As with the exploration-exploitation trade-off, one can either set $\gamma$ to a fixed value for all steps/episodes during training, or change its value from episode-to-episode according to a pre-defined schedule. Sometimes setting $\gamma$ to some value smaller than $1$ helps proving mathematical convergence of Q-Learning. In practice however $\gamma$ is usually set close to 1 (if not 1), and we just tinker with the exploration-exploitation probability, because in the end both trade-offs (exploration-exploitation and short-term long-term reward) address the same issue: our initial distrust of $Q$.
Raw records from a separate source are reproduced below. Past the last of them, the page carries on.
-- ===== src/Jobs/Rows.antt =====
-- What holds of every row of the job table, and that each statement on it keeps that.
use cora_os.Prelude.{
  ℕ, ◌≤◌, ◌<◌, ◌≡◌, inl, inr, String, true, some, List, [], ◌∷◌, arith, All, Bool-cases, is_some,
}
use cora_os.Prelude.Table.{find, IsKeyed}
use cora_os.Jobs.{
  queued, running, Job, NewJob, job_key, job_of, is_terminal, is_claimable, first_claimable,
  as_running, as_completed, as_retried, as_failed, as_cancelled,
}

-- A row is sane: attempts stay within the bound, a queued job can still be claimed, a running one
-- has a start, and a completion time stands exactly on a job that has ended.
pub record IsSane (j : Job) : Type 0 where
  pub bounded : j.attempts ≤ j.max_attempts
  pub waiting : j.status ≡ queued → j.attempts < j.max_attempts
  pub started : j.status ≡ running → is_some j.started_at ≡ true
  pub ended : is_terminal j.status ≡ is_some j.completed_at

pub record IsOrderly (js : List Job) : Type 0 where
  pub keyed : IsKeyed job_key js
  pub sane : All IsSane js

pub as_running-IsSane :
    (now : ℕ) (j : Job) → is_claimable j ≡ true → IsSane j → IsSane (as_running now j)
as_running-IsSane now j c s = ground arith

pub as_cancelled-IsSane : (now : ℕ) (j : Job) → IsSane j → IsSane (as_cancelled now j)
as_cancelled-IsSane now j s = ground arith

pub as_completed-IsSane :
    (r : String) (now : ℕ) (j : Job) → IsSane j → IsSane (as_completed r now j)
as_completed-IsSane r now j s = ground arith

pub as_failed-IsSane : (m : String) (now : ℕ) (j : Job) → IsSane j → IsSane (as_failed m now j)
as_failed-IsSane m now j s = ground arith

pub as_retried-IsSane :
    (m : String) (j : Job)
    → j.status ≡ running
    → j.attempts < j.max_attempts
    → IsSane j
    → IsSane (as_retried m j)
as_retried-IsSane m j r lt s = ground arith

pub job_of-IsSane : (k : ℕ) (n : NewJob) → 0 < n.max_attempts → IsSane (job_of k n)
job_of-IsSane k n h = ground arith

-- The oldest claimable job is the one that its id finds.
pub find-first_claimable :
    (js : List Job) (j : Job)
    → IsKeyed job_key js
    → first_claimable js ≡ some j
    → (find job_key j.id js ≡ some j) × (is_claimable j ≡ true)
find-first_claimable [] j u h = cc
find-first_claimable (x ∷ js) j u h = elim (Bool-cases (is_claimable x)) [
  | inl hit ↦ ground (arith)
  | inr miss ↦ ground (arith, find-first_claimable js j u.1)
]
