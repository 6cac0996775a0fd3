-- ===== src/Jobs/Worker.antt =====
-- apps/cora-api/app/worker.py: running a claimed job to its end, and the pool of concurrent tasks.
-- A handler enters as what it ended with; its own writes go to other tables. With no connection
-- pool a run writes nothing: the exception is swallowed by `run_claimed`.
pub mod Run
pub mod Pool
pub mod Limits
pub mod Fate
pub mod Retry
mod Tests
use cora_os.Prelude.{
  ℕ, zero, suc, ◌+◌, String, Bool, true, false, not, ◌&&◌, ◌||◌, Option, none, some, List, [], ◌∷◌,
  ◌++◌, ltb, length, or_else, if◌then◌else◌,
}
use Prim.Native.String.{◌++◌ as ◌<>◌}
use text.Mathlib.Text.{◌==◌}
use cora_os.Jobs.{JobDb, Claimed, claim_job, mark_completed, mark_failed}

-- the keys of `HANDLERS`
unfoldable pub handles : String → Bool
handles t =
    t == "execution_plan_step"
    || t == "plan_step"
    || t == "execution_plan"
    || t == "news_feed_refresh"
    || t == "agent_run"

-- How a handler ends: a result, TransientError, PermanentError, or any other exception.
pub data Handled : Type 0 where
  returned transient permanent crashed : String → Handled

pub data TraceType : Type 0 where
  job_started job_completed job_failed worker_execution : TraceType

pub record Trace : Type 0 where
  pub trace_type : TraceType
  pub job_id : ℕ
  pub error_message : Option String
  pub will_retry : Option Bool

-- the row of worker_heartbeats
pub record Heartbeat : Type 0 where
  pub last_heartbeat_at : ℕ
  pub last_job_id : Option ℕ
  pub last_job_at : Option ℕ

pub record Store : Type 0 where
  pub db : JobDb
  pub open db use *
  pub traces : List Trace
  pub beat : Option Heartbeat

abbrev beaten : Option ℕ → ℕ → Option Heartbeat → Heartbeat
beaten job_id now none = record {
  last_heartbeat_at = now;
  last_job_id = job_id;
  last_job_at = elim job_id [ none ↦ none | some _ ↦ some now ];
}
beaten job_id now (some old) = record {
  last_heartbeat_at = now;
  last_job_id = or_else job_id old.last_job_id;
  last_job_at = or_else (elim job_id [ none ↦ none | some _ ↦ some now ]) old.last_job_at;
}

-- `heartbeat`
unfoldable pub heartbeat : Option ℕ → ℕ → Store → Store
heartbeat job_id now s = if s.pool then record s { beat = some (beaten job_id now s.beat) } else s

-- `write_trace`
unfoldable pub write_trace : TraceType → ℕ → Option String → Option Bool → Store → Store
write_trace t k error retry s =
    if s.pool
    then record s {
      traces =
          s.traces
          ++ record { trace_type = t; job_id = k; error_message = error; will_retry = retry } ∷ [];
    }
    else s

-- the message for a job type that has no handler, as `!r` writes a text without quotes or escapes
abbrev pub no_handler : String → String
no_handler t = "no handler for job_type '" <> (t <> "'")

-- the two `except` branches that may retry
abbrev pub retried : Claimed → String → ℕ → Store → Store
retried job message now s =
    let should_retry = ltb job.attempts job.max_attempts in
    let s' : Store = record s { db = mark_failed job.id message should_retry now s.db } in
    write_trace (if should_retry then worker_execution else job_failed) job.id (some message)
      (some should_retry) s'

abbrev pub failed_for_good : Claimed → String → ℕ → Store → Store
failed_for_good job message now s =
    let s' : Store = record s { db = mark_failed job.id message false now s.db } in
    write_trace job_failed job.id (some message) none s'

abbrev pub settle : Claimed → Handled → ℕ → Store → Store
settle job (returned result) now s =
    let s' : Store = record s { db = mark_completed job.id result now s.db } in
    write_trace job_completed job.id none none s'
settle job (transient message) now s = retried job message now s
settle job (permanent message) now s = failed_for_good job message now s
settle job (crashed message) now s = retried job message now s

-- `run_claimed` and `_run_claimed_inner`
unfoldable pub run_claimed : Claimed → Handled → ℕ → Store → Store
run_claimed job handled now s =
    if s.pool
    then heartbeat (some job.id) now (
        let started = write_trace job_started job.id none none s in
        if handles job.job_type
        then settle job handled now started
        else failed_for_good job (no_handler job.job_type) now started)
    else s

-- The worker process: its tasks, those still running and the number that are done and not yet
-- reaped, beside the database.
pub record World : Type 0 where
  pub store : Store
  pub open store use *
  pub active : List Claimed
  pub done : ℕ
  pub shutdown : Bool

-- `len(inflight)`
abbrev pub in_flight : World → ℕ
in_flight w = length w.active + w.done

abbrev pub spawned : Claimed → JobDb → World → World
spawned c db w = record w { store = record w.store { db = db }; active = w.active ++ c ∷ [] }

-- `_fill_slots`, with the number of jobs started. `clock n` is the time of the round with `n` rounds
-- of fuel behind it.
unfoldable pub fill_slots : ℕ → ℕ → (ℕ → ℕ) → World → World × ℕ
fill_slots zero max clock w = (w, 0)
fill_slots (suc fuel) max clock w =
    if not w.shutdown && ltb (in_flight w) max
    then (let (claimed, db') = claim_job (clock fuel) w.db in
        elim claimed [
          | none ↦ (w, 0)
          | some c ↦ let (w', n) = fill_slots fuel max clock (spawned c db' w) in (w', n + 1)
        ])
    else (w, 0)

-- `_reap`
abbrev pub reap : World → World
reap w = record w { done = 0 }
All together, we have the following enhanced version of the basic Q-Learning algorithm.

1:   initialize $Q$
2:   set the number of episodes $E$
3:   set the maximum number of steps per episode $T$
4:   set the exploration-exploitation probability $p\in[0,1]$
5:   set the short-term long-term reward trade-off $\gamma\in[0,1]$
6:   for $e$ = $1$, $2$, ..., $E$
7:         $k \longleftarrow 1$
8:         select a random initial state $s_1$
9:         while goal state not reached and $k \leq T$
10:             choose a random number $r$ uniformly from the unit interval $[0,1]$
11:             if $r\le p$
12:                     select a valid action $a_k$ at random
13:             else
14:                     select the valid action $a_k$ that maximizes $Q\left(s_{k},\,a_{k}\right)$
15:             end if
16:             record the resulting state $s_{k+1}$ and corresponding reward $r_k$
17:             $Q\left(s_{k},\,a_{k}\right) \longleftarrow r_{k}+\gamma\cdot\underset{i\in\varOmega(s_{k+1})}{\text{maximum}}\,\,Q\left(s_{k+1},\,\alpha_{i}\right)$
18:             $k \longleftarrow k+1$
19:       end while
20: end for

In this notebook we introduced two enhancements that make Q-Learning more efficient. With these enhancements we managed to run Q-Learning on a large Gidworld maze (with more than 600 states) in a matter of seconds. However, in many RL problems (e.g., chess) the state space is so large that storing and computing with $Q$ becomes extremely challenging. In the next notebook we will discuss the crucial role function approximators (neural networks, trees, and kernels) play in ameliorating this issue, allowing us to extend the Reinforcement paradigm to problems with infinitely large state spaces.